> **Requirement**
Where in the records does the word "rest" occur? Copy each line in which it does.

─── Data supplied ───

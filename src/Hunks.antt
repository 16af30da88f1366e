-- ===== src/Hunks.antt =====
-- tools/hunks.py: `parse_patch`, which lists the two sides of every hunk of a patch. The text is that
-- of the file; reading it and the printing of `main` are not modelled.
pub mod Fuel
pub mod Print
pub mod Parses
pub mod RoundTrip
use abk_5_15_backport.Prelude.{
  Bool, true, false, ◌||◌, ℕ, zero, suc, List, [], ◌∷◌, ◌++◌, Option, none, some, if◌then◌else◌,
  length, drop,
}
use abk_5_15_backport.Text.{Text, codes, starts_with, join}
use abk_5_15_backport.Text.Words.{words_from}
use abk_5_15_backport.Text.Lines.{splitlines}
use abk_5_15_backport.Replace.{lf}

pub record Hunk : Type 0 where
  pub file_path : Option Text
  pub header : Text
  pub old : Text
  pub new : Text

-- `none` of a missing `parts[2]` is an `IndexError`.
pub data Parsed : Type 0 where
  parsed : List Hunk → Parsed
  index_error out_of_fuel : Parsed

abbrev pub diff_head : Text
diff_head = codes "diff --git "

abbrev pub hunk_head : Text
hunk_head = codes "@@"

-- `line.split()[2]`
unfoldable pub third : List Text → Option Text
third (a ∷ b ∷ c ∷ parts) = some c
third _ = none

unfoldable pub path_of : Text → Text
unfolding starts_with
path_of part = if starts_with (codes "a/") part then drop 2 part else part

unfoldable pub ends_hunk : Text → Bool
unfolding starts_with
ends_hunk line = starts_with (codes "diff --git") line || starts_with hunk_head line

unfoldable pub note_old : Text → List Text → List Text
unfolding starts_with
note_old raw old =
    if starts_with (codes "+") raw
    then old
    else if starts_with (codes "-") raw
    then old ++ drop 1 raw ∷ []
    else if starts_with (codes " ") raw
    then old ++ drop 1 raw ∷ []
    else old

unfoldable pub note_new : Text → List Text → List Text
unfolding starts_with
note_new raw new =
    if starts_with (codes "+") raw
    then new ++ drop 1 raw ∷ []
    else if starts_with (codes "-") raw
    then new
    else if starts_with (codes " ") raw
    then new ++ drop 1 raw ∷ []
    else new

-- The inner loop: the lines of the two sides, and the lines that are left.
unfoldable pub take_body : List Text → List Text → List Text → (List Text × List Text) × List Text
unfolding ends_hunk note_old note_new
take_body old new [] = ((old, new), [])
take_body old new (raw ∷ lines) =
    let rest = take_body (note_old raw old) (note_new raw new) lines in
    if ends_hunk raw then ((old, new), raw ∷ lines) else rest

unfoldable pub hunk_of : Option Text → Text → List Text × List Text → Hunk
unfolding join
hunk_of file_path header (old, new) = record {
  file_path = file_path;
  header = header;
  old = join lf old;
  new = join lf new;
}

-- The loop over the lines that are left, `lines[i:]`.
unfoldable pub parse_loop : ℕ → Option Text → List Hunk → List Text → Parsed
unfolding starts_with third words_from path_of take_body hunk_of
parse_loop zero file_path hunks lines = out_of_fuel
parse_loop (suc fuel) file_path hunks [] = parsed hunks
parse_loop (suc fuel) file_path hunks (line ∷ lines) =
    let (sides, left) = take_body [] [] lines in
    let behind = parse_loop fuel file_path (hunks ++ hunk_of file_path line sides ∷ []) left in
    let next = parse_loop fuel file_path hunks lines in
    if starts_with diff_head line
    then elim (third (words_from [] line)) [
      | none ↦ index_error
      | some part ↦ parse_loop fuel (some (path_of part)) hunks lines
    ]
    else if starts_with hunk_head line
    then behind
    else next

-- One round for each line is enough.
unfoldable pub parse_patch : Text → Parsed
unfolding splitlines parse_loop
parse_patch text = let lines = splitlines text in parse_loop (suc (length lines)) none [] lines
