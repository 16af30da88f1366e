-- ===== src/Hunks/Fuel.antt =====
-- `parse_patch` of tools/hunks.py returns.
use abk_5_15_backport.Prelude.{
  Bool, true, false, ℕ, zero, suc, ◌≤◌, ◌<◌, List, [], ◌∷◌, ◌++◌, Option, none, some, if◌then◌else◌,
  ◌≢◌, arith, length,
}
use abk_5_15_backport.Text.{Text, starts_with}
use abk_5_15_backport.Text.Words.{words_from}
use abk_5_15_backport.Text.Lines.{splitlines}
use abk_5_15_backport.Hunks.{
  Hunk, index_error, out_of_fuel, diff_head, hunk_head, third, path_of, note_old, note_new,
  take_body, hunk_of, parse_loop, parse_patch,
}

take_body_le : (old new lines : List Text) → length (take_body old new lines).1 ≤ length lines
unfolding take_body
take_body_le old new [] = omega arith
take_body_le old new (raw ∷ lines) =
    ground (arith, take_body_le (note_old raw old) (note_new raw new) lines)

parse_loop-total :
    (fuel : ℕ) (file_path : Option Text) (hunks : List Hunk) (lines : List Text)
    → length lines < fuel
    → parse_loop fuel file_path hunks lines ≢ out_of_fuel
unfolding parse_loop
parse_loop-total zero file_path hunks lines h = absurd (omega arith)
parse_loop-total (suc fuel) file_path hunks [] h = cc
parse_loop-total (suc fuel) file_path hunks (line ∷ lines) h =
    branch (λ fp hs ls k. parse_loop-total fuel fp hs ls k) (third (words_from [] line))
      (starts_with diff_head line) (starts_with hunk_head line)
  where
    branch :
        ((fp : Option Text) (hs : List Hunk) (ls : List Text)
          → length ls < fuel
          → parse_loop fuel fp hs ls ≢ out_of_fuel)
        → (o : Option Text) (b b' : Bool)
        → (if b
            then elim o [
              | none ↦ index_error
              | some part ↦ parse_loop fuel (some (path_of part)) hunks lines
            ]
            else if b'
            then parse_loop fuel file_path
                (hunks ++ hunk_of file_path line (take_body [] [] lines).0 ∷ [])
                (take_body [] [] lines).1
            else parse_loop fuel file_path hunks lines)
          ≢ out_of_fuel
    branch ih none true b' = cc
    branch ih (some part) true b' = ih (some (path_of part)) hunks lines (omega arith)
    branch ih o false true = ih _ _ _ (omega (arith, take_body_le [] [] lines))
    branch ih o false false = ih _ _ _ (omega arith)

-- `parse_patch` comes to an end on every text: it gives the hunks, or raises the `IndexError` of a
-- line "diff --git" without a path.
pub parse_patch-total : (text : Text) → parse_patch text ≢ out_of_fuel
unfolding parse_patch
parse_patch-total text =
    parse_loop-total (suc (length (splitlines text))) none [] (splitlines text) (omega arith)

───

> **Exercise output**
    let rest = take_body (note_old raw old) (note_new raw new) lines in
    if ends_hunk raw then ((old, new), raw ∷ lines) else rest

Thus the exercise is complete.